High-level efforts to avert a humanitarian disaster in Tigray have included a visit by UNHCR chief Filippo Grandi earlier this week, when he met Prime Minister Abiy Ahmed, among others.

Mr. Grandi also spoke to refugees from Mai Aini camp in the south of Tigray region, as well as some of the 4,000 others who had arrived from Hitsats and Shimelba camps, two camps in northern Tigray where access has not been obtained.

Only leaves to eat

“Some said they had resorted to eat leaves because there was no other food available,” Mr. Baloch said. “They also spoke about infiltration of armed actors in the camps, of killings, abductions and also some forced returns to Eritrea at the hands of Eritreans forces present in the area.”

Mr. Baloch explained that since January, UNHCR workers had been able to return to the two camps in the south of Tigray, “but we have had no access to the two camps in the northern parts. We estimate that some 15-20,000 refugees from those two camps are dispersed in areas where we do not have access.”

2.3 million in need

Echoing concerns for the wider population in Tigray, OCHA spokesperson Jens Laerke described needs on the ground as “dire and growing for about 2.3 million people” – including those who needed  help before the conflict.

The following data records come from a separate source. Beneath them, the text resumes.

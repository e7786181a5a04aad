-- ===== src/Io/Refines2.antt =====
-- internal/vclpoll/mode2.go, lines 324 to 404 and 537 to 621, against what a blocking call promises.
use vclnet.Base.{
  ℕ, List, [], ◌∷◌, Bool, true, false, some, ◌≡◌, refl, ap, ◌∙◌, ◌↔◌, Bool-cases, inl, inr,
}
use vclnet.Errors.{Error, Result, ok, err, is_again_error}
use vclnet.Wait.{Vlsh, epoll_in, epoll_out}
use vclnet.Worker.Defs.{Vpp}
use vclnet.Mode2.Defs.{Dispatcher}
use vclnet.Io.Raw.{Op, read, write, recv_from, send_to, accept_full, Reply, Answer, events_of}
use vclnet.Io.Spec.{Attempt, judge, Returns, or_else, first_verdict, first_verdict_iff}
use vclnet.Io.Mode2.{Turn, Run, waited, settle, retry, attempt_call, call2, poll_wait_context}
use vclnet.Io.Waits.{why_interrupted, why_lem, wait_outcome, wait_outcome_lem}

-- A wait as the contract sees it: whether it finds the session ready, and the error if not.
abbrev pub is_ready : Result Bool → Bool
is_ready (ok b) = b
is_ready (err e) = false

abbrev pub wait_error : Error → Result Bool → Error
wait_error interrupted (ok b) = interrupted
wait_error interrupted (err e) = e

module _ {ℓ} {A : Type ℓ} (vpp : Vpp) (handle : Vlsh) (events : ℕ)
    (attempt : Answer → Dispatcher → Dispatcher × Result A) where
  abbrev called : Turn → Dispatcher → Dispatcher × Result A
  called t d = attempt t.answer (t.before_call d)

  abbrev parked : Turn → Dispatcher → Dispatcher × Result Bool
  parked t d = poll_wait_context vpp handle events t (t.before_wait (called t d).0)

  -- A turn that finds the dispatcher in state `d`, as an attempt.
  abbrev attempt_of : Turn → Dispatcher → Attempt A
  attempt_of t d =
      let d' = (parked t d).0 in
      let w = wait_outcome vpp handle events t (t.before_wait (called t d).0) in
      record {
        answer = (called t d).1;
        ready = is_ready w;
        interrupted = wait_error (why_interrupted (t.before_error d') handle t.done) w;
      }

  -- The turns, each in the state that the one before and the other goroutines leave.
  abbrev pub attempts : List Turn → Dispatcher → List (Attempt A)
  attempts [] d = []
  attempts (t ∷ ts) d = attempt_of t d ∷ attempts ts (parked t d).0

  waited-judge :
      (t : Turn) (rest : Dispatcher → Run A) (w : Dispatcher × Result Bool) (e : Error)
      → is_again_error e ≡ true
      → (waited handle t rest w).1
        ≡ or_else
            (judge
              (is_ready w.1)
              (wait_error (why_interrupted (t.before_error w.0) handle t.done) w.1)
              (err e))
            (rest w.0).1
  waited-judge t rest (d, ok true) e h = simp h refl
  waited-judge t rest (d, ok false) e h =
      simp h (ap (λ x. some (err x)) (why_lem (t.before_error d) handle t.done))
  waited-judge t rest (d, err x) e h = simp h refl

  -- The error of a wait that is interrupted in the turn.
  abbrev interruption : Turn → Dispatcher → Error
  interruption t d =
      why_interrupted (t.before_error (poll_wait_context vpp handle events t (t.before_wait d)).0)
        handle t.done

  settle-judge :
      (t : Turn) (rest : Dispatcher → Run A) (c : Dispatcher × Result A)
      → (settle vpp handle events t rest c).1 ≡ (
          let d' = (poll_wait_context vpp handle events t (t.before_wait c.0)).0 in
          let w = wait_outcome vpp handle events t (t.before_wait c.0) in
          or_else
            (judge
              (is_ready w)
              (wait_error (why_interrupted (t.before_error d') handle t.done) w)
              c.1)
            (rest d').1)
  settle-judge t rest (d, ok a) = refl
  settle-judge t rest (d, err e) = elim (Bool-cases (is_again_error e)) [
    | inl h ↦
        (simp h refl)
        ∙ waited-judge t rest (poll_wait_context vpp handle events t (t.before_wait d)) e h
        ∙ ap
            (λ w.
              or_else (judge (is_ready w) (wait_error (interruption t d) w) (err e))
                (rest (poll_wait_context vpp handle events t (t.before_wait d)).0).1)
            (wait_outcome_lem vpp handle events t (t.before_wait d))
    | inr h ↦ simp h refl
  ]

  retry-first_verdict :
      (ts : List Turn) (d : Dispatcher)
      → (retry vpp handle events attempt ts d).1 ≡ first_verdict (attempts ts d)
  unfolding retry
  retry-first_verdict [] d = refl
  retry-first_verdict (t ∷ ts) d =
      settle-judge t (retry vpp handle events attempt ts) (called t d)
      ∙ ap
          (or_else
            (judge (attempt_of t d).ready (attempt_of t d).interrupted (attempt_of t d).answer))
          (retry-first_verdict ts (parked t d).0)

  pub retry_iff :
      (ts : List Turn) (d : Dispatcher) (r : Result A)
      → ((retry vpp handle events attempt ts d).1 ≡ some r) ↔ Returns (attempts ts d) r
  retry_iff ts d r = rw (retry-first_verdict ts d) (first_verdict_iff (attempts ts d) r)

-- Each of the five calls, whatever the other goroutines do to the dispatcher between its steps, returns
-- `r` exactly if some turn settles it as `r` and no turn before settles anything: a turn settles the call
-- if `sessionCall` gives anything but EAGAIN, or if the wait after it finds no readiness. A wait finds
-- readiness if a worker takes the waiter and parks it, and the waiter is woken before its caller is done,
-- or as no worker is left to cancel it, or is not parked when it is canceled. Without readiness the call
-- gives a canceled wait if its `done` is closed or its session is still open, and otherwise, for an
-- unknown handle or a dispatcher that stops, that the poller is closed; on a listener it panics.
pub call2-Returns :
    (vpp : Vpp) (handle : Vlsh) (op : Op) (ts : List Turn) (d : Dispatcher) (r : Result (Reply op))
    → ((call2 vpp handle op ts d).1 ≡ some r)
      ↔ Returns (attempts vpp handle (events_of op) (attempt_call vpp handle op) ts d) r
call2-Returns vpp handle (read len) ts d r =
    retry_iff vpp handle epoll_in (attempt_call vpp handle (read len)) ts d r
call2-Returns vpp handle (write len) ts d r =
    retry_iff vpp handle epoll_out (attempt_call vpp handle (write len)) ts d r
call2-Returns vpp handle (send_to len addr) ts d r =
    retry_iff vpp handle epoll_out (attempt_call vpp handle (send_to len addr)) ts d r
call2-Returns vpp handle (recv_from len) ts d r =
    retry_iff vpp handle epoll_in (attempt_call vpp handle (recv_from len)) ts d r
call2-Returns vpp handle accept_full ts d r =
    retry_iff vpp handle epoll_in (attempt_call vpp handle accept_full) ts d r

“Three months into the conflict in Tigray in northern Ethiopia, the humanitarian response remains severely constrained and inadequate. And the main reason for that is simply that we cannot reach most of the people in need and also that we have not received the clearances yet to move the necessary staff into Tigray in the first place.”

For the time being, “access remains for the most part limited to people living in the towns along the main roads from the regional capital Mekelle towards Shire, which are controlled by federal government forces,” Mr. Laerke added.

The OCHA official explained that it was “less of a problem” to deliver food aid which is being warehoused in Mekelle. “The problem is…access both to get into Tigray in the first place and also getting from Mekelle into, into the countryside where most of the people in need are.